ServiceMonitor Custom Resource

# ServiceMonitor for auto-discovering app metrics
apiVersion: monitoring.coreos.com/v1
kind: ServiceMonitor
metadata:
  name: webapp-monitor
  namespace: monitoring
spec:
  selector:
    matchLabels:
      app: webapp
  endpoints:
    - port: metrics
      interval: 15s
      path: /metrics
  namespaceSelector:
    matchNames:
      - production
      - staging

Kubernetes Service Discovery

# prometheus.yml - Kubernetes SD (without Operator)
scrape_configs:
  - job_name: "kubernetes-pods"
    kubernetes_sd_configs:
      - role: pod
    relabel_configs:
      # Only scrape pods with annotation prometheus.io/scrape=true
      - source_labels: [__meta_kubernetes_pod_annotation_prometheus_io_scrape]
        action: keep
        regex: true
      # Use custom port from annotation
      - source_labels: [__meta_kubernetes_pod_annotation_prometheus_io_port]
        action: replace
        target_label: __address__
        regex: (.+)
      # Use custom path from annotation
      - source_labels: [__meta_kubernetes_pod_annotation_prometheus_io_path]
        action: replace
        target_label: __metrics_path__
        regex: (.+)

Best Practices

Here are key best practices for running Prometheus that help you avoid common pitfalls.

Follow metric naming conventions: use snake_case with unit suffixes (_seconds, _bytes, _total)
Limit label cardinality: avoid high-cardinality labels like user IDs or request IDs
Use recording rules to precompute frequent queries instead of real-time calculation each time
Set reasonable for durations on alerts to avoid noise from flapping
Monitor Prometheus itself: up, prometheus_tsdb_head_series, prometheus_tsdb_compaction_duration_seconds
Use relabel_configs to filter and transform labels at scrape time to reduce storage overhead
Set appropriate retention: default is 15 days, adjust based on storage capacity and query needs
For queries across multiple Prometheus instances, use federation or Thanos/Cortex

Metric Naming Examples

# Good metric names
http_requests_total              # counter with _total suffix
http_request_duration_seconds    # histogram with unit suffix
node_memory_available_bytes      # gauge with unit suffix
process_open_fds                 # gauge, no unit needed

# Bad metric names - avoid these
httpRequests                     # no camelCase
request_duration                 # missing unit suffix
http_request_duration_ms         # use base units (seconds not ms)
requests{user_id="12345"}        # high-cardinality label

Prometheus vs Alternatives

Feature	Prometheus	Datadog	InfluxDB	Victoria Metrics
Type	Open-source, self-hosted	Commercial SaaS	Open-source / commercial	Open-source, self-hosted
Data Model	Pull-based, multi-dimensional labels	Push-based, tags + host	Push-based, measurement + tag	Prometheus-compatible
Query Language	PromQL	Proprietary	InfluxQL / Flux	MetricsQL (PromQL superset)
Long-term Storage	Requires Thanos/Cortex	Built-in	Built-in	Built-in, high compression
Cost	Free (operational cost)	Per host/metric pricing	Free OSS / paid enterprise	Free (operational cost)
K8s Integration	Native, de facto standard	Via agent	Via Telegraf	Prometheus ecosystem compatible

Conclusion

Prometheus is the cornerstone of modern infrastructure monitoring.
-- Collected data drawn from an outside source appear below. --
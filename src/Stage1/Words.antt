-- ===== src/Stage1/Words.antt =====
-- The words of src/stage1.rs by their bits: what each operation does to the list of the bits, the
-- lowest first.
use simdjson_rs.Prelude.{
  ℕ, suc, ◌+◌, ◌*◌, ◌/◌, ◌%◌, ◌^◌, ◌≤◌, ◌<◌, Bool, true, false, not, ◌&&◌, ◌||◌, List, [], ◌∷◌, map,
  bit_and, bit_or, bit_xor, length, leb, if◌then◌else◌, ◌≡◌, refl, sym, ap, subst, Bool-cases, inl,
  inr, ◌∙◌, arith,
}
use Prim.Native.Nat.{max, min, differ}
use native.Mathlib.Nat.{mod-eq_of_lt, mul-add-mod_self_left, pow-suc}
use simdjson_rs.Prelude.Bits.{
  bit_and_step, bit_or_step, bit_xor_step, bit_and-zero, zero-bit_or, zero-bit_xor,
}
use simdjson_rs.Stage1.Scanner.{xor}
use simdjson_rs.Stage1.{pack, u64_mod, complement, shl1}

abbrev pub bit : Bool → ℕ
bit b = if b then 1 else 0

abbrev pub zip : (Bool → Bool → Bool) → List Bool → List Bool → List Bool
zip f [] b = []
zip f (x ∷ a) [] = []
zip f (x ∷ a) (y ∷ b) = f x y ∷ zip f a b

pub length-zip :
    (f : Bool → Bool → Bool) (a b : List Bool) → length a ≡ length b → length (zip f a b) ≡ length a
length-zip f [] b h = refl
length-zip f (x ∷ a) [] h = absurd (omega arith)
length-zip f (x ∷ a) (y ∷ b) h = ap suc (length-zip f a b (omega arith))

pub length-map {ℓ} : {A : Type ℓ} (f : A → Bool) (v : List A) → length (map f v) ≡ length v
length-map f [] = refl
length-map f (x ∷ v) = ap suc (length-map f v)

pub pack-lt : (a : List Bool) → pack a < 2 ^ length a
pack-lt [] = omega arith
pack-lt (true ∷ a) = omega (arith, pack-lt a, pow-suc 2 (length a))
pack-lt (false ∷ a) = omega (arith, pack-lt a, pow-suc 2 (length a))

pub low_bit : (b : Bool) (n : ℕ) → ((bit b + 2 * n) % 2 ≡ bit b) × ((bit b + 2 * n) / 2 ≡ n)
low_bit true n = (omega arith, omega arith)
low_bit false n = (omega arith, omega arith)

-- An operation on words by its step on the lowest bits.
module _ (op : ℕ → ℕ → ℕ) (f : Bool → Bool → Bool) (g : ℕ → ℕ → ℕ) (at_zero : op 0 0 ≡ 0)
    (on_bits : (a b : Bool) → g (bit a) (bit b) ≡ bit (f a b))
    (step : (x y : ℕ) → op x y ≡ g (x % 2) (y % 2) + 2 * op (x / 2) (y / 2)) where
  op-pack : (a b : List Bool) → length a ≡ length b → op (pack a) (pack b) ≡ pack (zip f a b)
  op-pack [] [] h = at_zero
  op-pack [] (y ∷ b) h = absurd (omega arith)
  op-pack (x ∷ a) [] h = absurd (omega arith)
  op-pack (x ∷ a) (y ∷ b) h =
      let (l, m) = low_bit x (pack a) in
      let (l', m') = low_bit y (pack b) in
      step (pack (x ∷ a)) (pack (y ∷ b))
      ∙ rw (l, m, l', m', on_bits x y, op-pack a b (omega arith)) refl

pub bit_and-pack :
    (a b : List Bool) → length a ≡ length b → bit_and (pack a) (pack b) ≡ pack (zip ◌&&◌ a b)
bit_and-pack = op-pack bit_and ◌&&◌ min (bit_and-zero 0) (λ a b. ground arith) bit_and_step

pub bit_or-pack :
    (a b : List Bool) → length a ≡ length b → bit_or (pack a) (pack b) ≡ pack (zip ◌||◌ a b)
bit_or-pack = op-pack bit_or ◌||◌ max (zero-bit_or 0) (λ a b. ground arith) bit_or_step

pub bit_xor-pack :
    (a b : List Bool) → length a ≡ length b → bit_xor (pack a) (pack b) ≡ pack (zip xor a b)
bit_xor-pack = op-pack bit_xor xor differ (zero-bit_xor 0) (λ a b. ground arith) bit_xor_step

-- `!x`.
pack-not : (a : List Bool) → pack (map not a) + pack a + 1 ≡ 2 ^ length a
pack-not [] = omega arith
pack-not (true ∷ a) = omega (arith, pack-not a, pow-suc 2 (length a))
pack-not (false ∷ a) = omega (arith, pack-not a, pow-suc 2 (length a))

pub complement-pack : (a : List Bool) → length a ≡ 64 → complement (pack a) ≡ pack (map not a)
complement-pack a h = omega (arith, pack-not a, ap (λ (n : ℕ). 2 ^ n) h)

-- `x << 1`, with a digit that comes in.
abbrev pub shift : Bool → List Bool → List Bool
shift c [] = []
shift c (x ∷ a) = c ∷ shift x a

abbrev pub top : Bool → List Bool → Bool
top c [] = c
top c (x ∷ a) = top x a

pub length-shift : (c : Bool) (a : List Bool) → length (shift c a) ≡ length a
length-shift c [] = refl
length-shift c (x ∷ a) = ap suc (length-shift x a)

pub double : (n t : ℕ) → 2 ^ suc n * t ≡ 2 * (2 ^ n * t)
double n t = omega (arith, ap (λ (p : ℕ). p * t) (pow-suc 2 n))

pack-shift :
    (c : Bool) (a : List Bool)
    → pack (shift c a) + 2 ^ length a * bit (top c a) ≡ bit c + 2 * pack a
pack-shift c [] = omega arith
pack-shift c (x ∷ a) = omega (arith, pack-shift x a, double (length a) (bit (top x a)))

-- The remainder of a number that stands over a word.
the_sum : (p h r : ℕ) → r + p * h ≡ p * h + r
the_sum p h r = omega arith

wrapped : (p h r : ℕ) → r < p → (r + p * h) % p ≡ r
wrapped p h r l = ap (λ n. n % p) (the_sum p h r) ∙ (mul-add-mod_self_left p h r ∙ mod-eq_of_lt l)

pub shl1-pack : (a : List Bool) → length a ≡ 64 → shl1 (pack a) ≡ pack (shift false a)
shl1-pack a h =
    let e : pack (shift false a) + 2 ^ 64 * bit (top false a) ≡ 0 + 2 * pack a =
      subst (λ n. pack (shift false a) + 2 ^ n * bit (top false a) ≡ 0 + 2 * pack a) h
        (pack-shift false a) in
    let l : pack (shift false a) < 2 ^ 64 =
      subst (λ n. pack (shift false a) < 2 ^ n) (length-shift false a ∙ h)
        (pack-lt (shift false a)) in
    omega arith

-- The sum of two words and a carry, and the carry out of it.
abbrev pub majority : Bool → Bool → Bool → Bool
majority c x y = if c then x || y else x && y

abbrev pub sum : Bool → List Bool → List Bool → List Bool
sum c [] b = []
sum c (x ∷ a) [] = []
sum c (x ∷ a) (y ∷ b) = xor c (xor x y) ∷ sum (majority c x y) a b

abbrev pub carry : Bool → List Bool → List Bool → Bool
carry c [] b = c
carry c (x ∷ a) [] = c
carry c (x ∷ a) (y ∷ b) = carry (majority c x y) a b

pub length-sum : (c : Bool) (a b : List Bool) → length a ≡ length b → length (sum c a b) ≡ length a
length-sum c [] b h = refl
length-sum c (x ∷ a) [] h = absurd (omega arith)
length-sum c (x ∷ a) (y ∷ b) h = ap suc (length-sum (majority c x y) a b (omega arith))

full_adder :
    (c x y : Bool) → bit c + bit x + bit y ≡ bit (xor c (xor x y)) + 2 * bit (majority c x y)
full_adder c x y = ground arith

pack-sum :
    (c : Bool) (a b : List Bool)
    → length a ≡ length b
    → pack (sum c a b) + 2 ^ length a * bit (carry c a b) ≡ bit c + pack a + pack b
pack-sum c [] [] h = omega arith
pack-sum c [] (y ∷ b) h = absurd (omega arith)
pack-sum c (x ∷ a) [] h = absurd (omega arith)
pack-sum c (x ∷ a) (y ∷ b) h = omega (
  arith,
  pack-sum (majority c x y) a b (omega arith),
  full_adder c x y,
  double (length a) (bit (carry (majority c x y) a b)),
)

sum_word :
    (a b : List Bool)
    → length a ≡ 64
    → length b ≡ 64
    → (pack (sum false a b) + 2 ^ 64 * bit (carry false a b) ≡ 0 + pack a + pack b)
      × (pack (sum false a b) < 2 ^ 64)
sum_word a b h g = (
  subst (λ n. pack (sum false a b) + 2 ^ n * bit (carry false a b) ≡ 0 + pack a + pack b) h
      (pack-sum false a b (h ∙ sym g)),
  subst (λ n. pack (sum false a b) < 2 ^ n) (length-sum false a b (h ∙ sym g) ∙ h)
      (pack-lt (sum false a b)),
)

pub sum-pack :
    (a b : List Bool)
    → length a ≡ 64
    → length b ≡ 64
    → (pack a + pack b) % u64_mod ≡ pack (sum false a b)
sum-pack a b h g = omega (arith, sum_word a b h g)

leb_word : (n : ℕ) → u64_mod ≤ n → leb u64_mod n ≡ true
leb_word n h = ground arith

not_leb : (n : ℕ) → n < u64_mod → leb u64_mod n ≡ false
not_leb n h = ground arith

pub carry-pack :
    (a b : List Bool)
    → length a ≡ 64
    → length b ≡ 64
    → leb u64_mod (pack a + pack b) ≡ carry false a b
carry-pack a b h g = elim (Bool-cases (carry false a b)) [
  | inl e ↦
      let n : bit (carry false a b) ≡ 1 = rw e refl in
      rw e (leb_word _ (omega (arith, sum_word a b h g)))
  | inr e ↦
      let n : bit (carry false a b) ≡ 0 = rw e refl in
      rw e (not_leb _ (omega (arith, sum_word a b h g)))
]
Its pull model, multi-dimensional data model, and powerful PromQL make it the monitoring tool of choice for cloud-native environments. From single-node Docker deployments to large-scale Kubernetes clusters, Prometheus provides reliable metric collection and alerting capabilities. Pair it with Grafana for visualization dashboards, Alertmanager for intelligent alert routing, and Thanos or Cortex for long-term storage to build a complete, production-ready monitoring platform. Whether you are just starting with monitoring or need to scale an existing solution, Prometheus is a powerful tool worth investing in.